▼

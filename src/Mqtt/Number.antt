-- ===== src/Mqtt/Number.antt =====
-- A number that was printed in decimal, as the standard library reads it back.
use gridex_edge_gateway.Prelude.{
  ℕ, zero, suc, ◌≡◌, refl, arith, ◌<◌, ◌+◌, ◌*◌, ◌/◌, ◌%◌, true, false, List, [], ◌∷◌, ◌++◌, ltb,
  ap, ◌∙◌, Bool-cases, inl, inr, if◌then◌else◌,
}
use gridex_edge_gateway.Prelude.Text.{decimal, decimal_from}
use gridex_edge_gateway.Mqtt.Publish.{leading_number, is_decimal, after_spaces, is_space}

-- What follows the digits that a text starts with.
unfoldable pub after_digits : List ℕ → List ℕ
after_digits [] = []
after_digits (c ∷ text) = let rest = after_digits text in if is_decimal c then rest else c ∷ text

-- The text starts with a digit.
abbrev pub StartsDecimal : List ℕ → Type 0
StartsDecimal [] = ⊥
StartsDecimal (c ∷ text) = is_decimal c ≡ true

digit : (n : ℕ) → n < 10 → is_decimal (48 + n) ≡ true
digit n h = ground arith

append_assoc : (a b c : List ℕ) → (a ++ b) ++ c ≡ a ++ (b ++ c)
append_assoc [] b c = refl
append_assoc (x ∷ a) b c = ap (λ t. x ∷ t) (append_assoc a b c)

small_turns : (turns m : ℕ) → m < suc turns → ltb m 10 ≡ false → m / 10 < turns
small_turns turns m h e = ground (arith, e)

one_digit :
    (n m : ℕ) (rest : List ℕ)
    → m < 10
    → leading_number n ((48 + m) ∷ rest) ≡ leading_number (n * 10 + m) rest
unfolding leading_number
one_digit n m rest h = rw (digit m h) (ap (λ k. leading_number (n * 10 + k) rest) (omega arith))

leading_from :
    (turns m : ℕ) (rest : List ℕ)
    → m < turns
    → leading_number 0 (decimal_from turns m ++ rest) ≡ leading_number m rest
unfolding decimal_from
leading_from zero m rest h = absurd (omega arith)
leading_from (suc turns) m rest h = elim (Bool-cases (ltb m 10)) [
  | inl e ↦
      rw e (one_digit 0 m rest (ground (arith, e)) ∙ ap (λ k. leading_number k rest) (omega arith))
  | inr e ↦
      let last = (48 + m % 10) ∷ [] in
      rw e (
        ap (leading_number 0) (append_assoc (decimal_from turns (m / 10)) last rest)
        ∙ leading_from turns (m / 10) (last ++ rest) (small_turns turns m h e)
        ∙ one_digit (m / 10) (m % 10) rest (omega arith)
        ∙ ap (λ k. leading_number k rest) (omega arith))
]

after_from :
    (turns m : ℕ) (rest : List ℕ)
    → m < turns
    → after_digits (decimal_from turns m ++ rest) ≡ after_digits rest
unfolding decimal_from after_digits
after_from zero m rest h = absurd (omega arith)
after_from (suc turns) m rest h = elim (Bool-cases (ltb m 10)) [
  | inl e ↦ rw (e, digit m (ground (arith, e))) refl
  | inr e ↦
      let last = (48 + m % 10) ∷ [] in
      rw e (
        ap after_digits (append_assoc (decimal_from turns (m / 10)) last rest)
        ∙ after_from turns (m / 10) (last ++ rest) (small_turns turns m h e)
        ∙ rw (digit (m % 10) (omega arith)) refl)
]

starts_append : (a b : List ℕ) → StartsDecimal a → StartsDecimal (a ++ b)
starts_append [] b h = elim h [ ]
starts_append (c ∷ a) b h = h

starts_from : (turns m : ℕ) → m < turns → StartsDecimal (decimal_from turns m)
unfolding decimal_from
starts_from zero m h = absurd (omega arith)
starts_from (suc turns) m h = elim (Bool-cases (ltb m 10)) [
  | inl e ↦ rw e (digit m (ground (arith, e)))
  | inr e ↦ rw e (
      starts_append (decimal_from turns (m / 10)) ((48 + m % 10) ∷ [])
        (starts_from turns (m / 10) (small_turns turns m h e)))
]

pub leading_number-decimal :
    (m : ℕ) (rest : List ℕ) → leading_number 0 (decimal m ++ rest) ≡ leading_number m rest
unfolding decimal
leading_number-decimal m rest = leading_from (suc m) m rest (omega arith)

pub after_digits-decimal :
    (m : ℕ) (rest : List ℕ) → after_digits (decimal m ++ rest) ≡ after_digits rest
unfolding decimal
after_digits-decimal m rest = after_from (suc m) m rest (omega arith)

pub decimal-StartsDecimal : (m : ℕ) (rest : List ℕ) → StartsDecimal (decimal m ++ rest)
unfolding decimal
decimal-StartsDecimal m rest =
    starts_append (decimal (m)) rest (starts_from (suc m) m (omega arith))

no_space : (c : ℕ) → is_decimal c ≡ true → is_space c ≡ false
no_space c h = ground (arith, h)

pub after_spaces-StartsDecimal : (text : List ℕ) → StartsDecimal text → after_spaces text ≡ text
unfolding after_spaces
after_spaces-StartsDecimal [] h = elim h [ ]
after_spaces-StartsDecimal (c ∷ text) h = rw (no_space c h) refl

abbrev pub AreDigits : List ℕ → Type 0
AreDigits [] = Unit
AreDigits (c ∷ text) = (is_decimal c ≡ true) × AreDigits text

append-AreDigits : (a b : List ℕ) → AreDigits a → AreDigits b → AreDigits (a ++ b)
append-AreDigits [] b ha hb = hb
append-AreDigits (c ∷ a) b (h, ha) hb = (h, append-AreDigits a b ha hb)

digits_from : (turns m : ℕ) → AreDigits (decimal_from turns m)
unfolding decimal_from
digits_from zero m = tt
digits_from (suc turns) m = elim (Bool-cases (ltb m 10)) [
  | inl e ↦ rw e (digit m (ground (arith, e)), tt)
  | inr e ↦ rw e (
      append-AreDigits (decimal_from turns (m / 10)) ((48 + m % 10) ∷ [])
        (digits_from turns (m / 10)) (digit (m % 10) (omega arith), tt))
]

pub decimal-AreDigits : (m : ℕ) → AreDigits (decimal m)
unfolding decimal
decimal-AreDigits m = digits_from (suc m) m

▲

● **AIM OF THE EXERCISE**: Every line of the listing that includes the word "with" must be copied.

● **RESPONSE FOR THIS EXERCISE**:
-- What follows the digits that a text starts with.
-- The text starts with a digit.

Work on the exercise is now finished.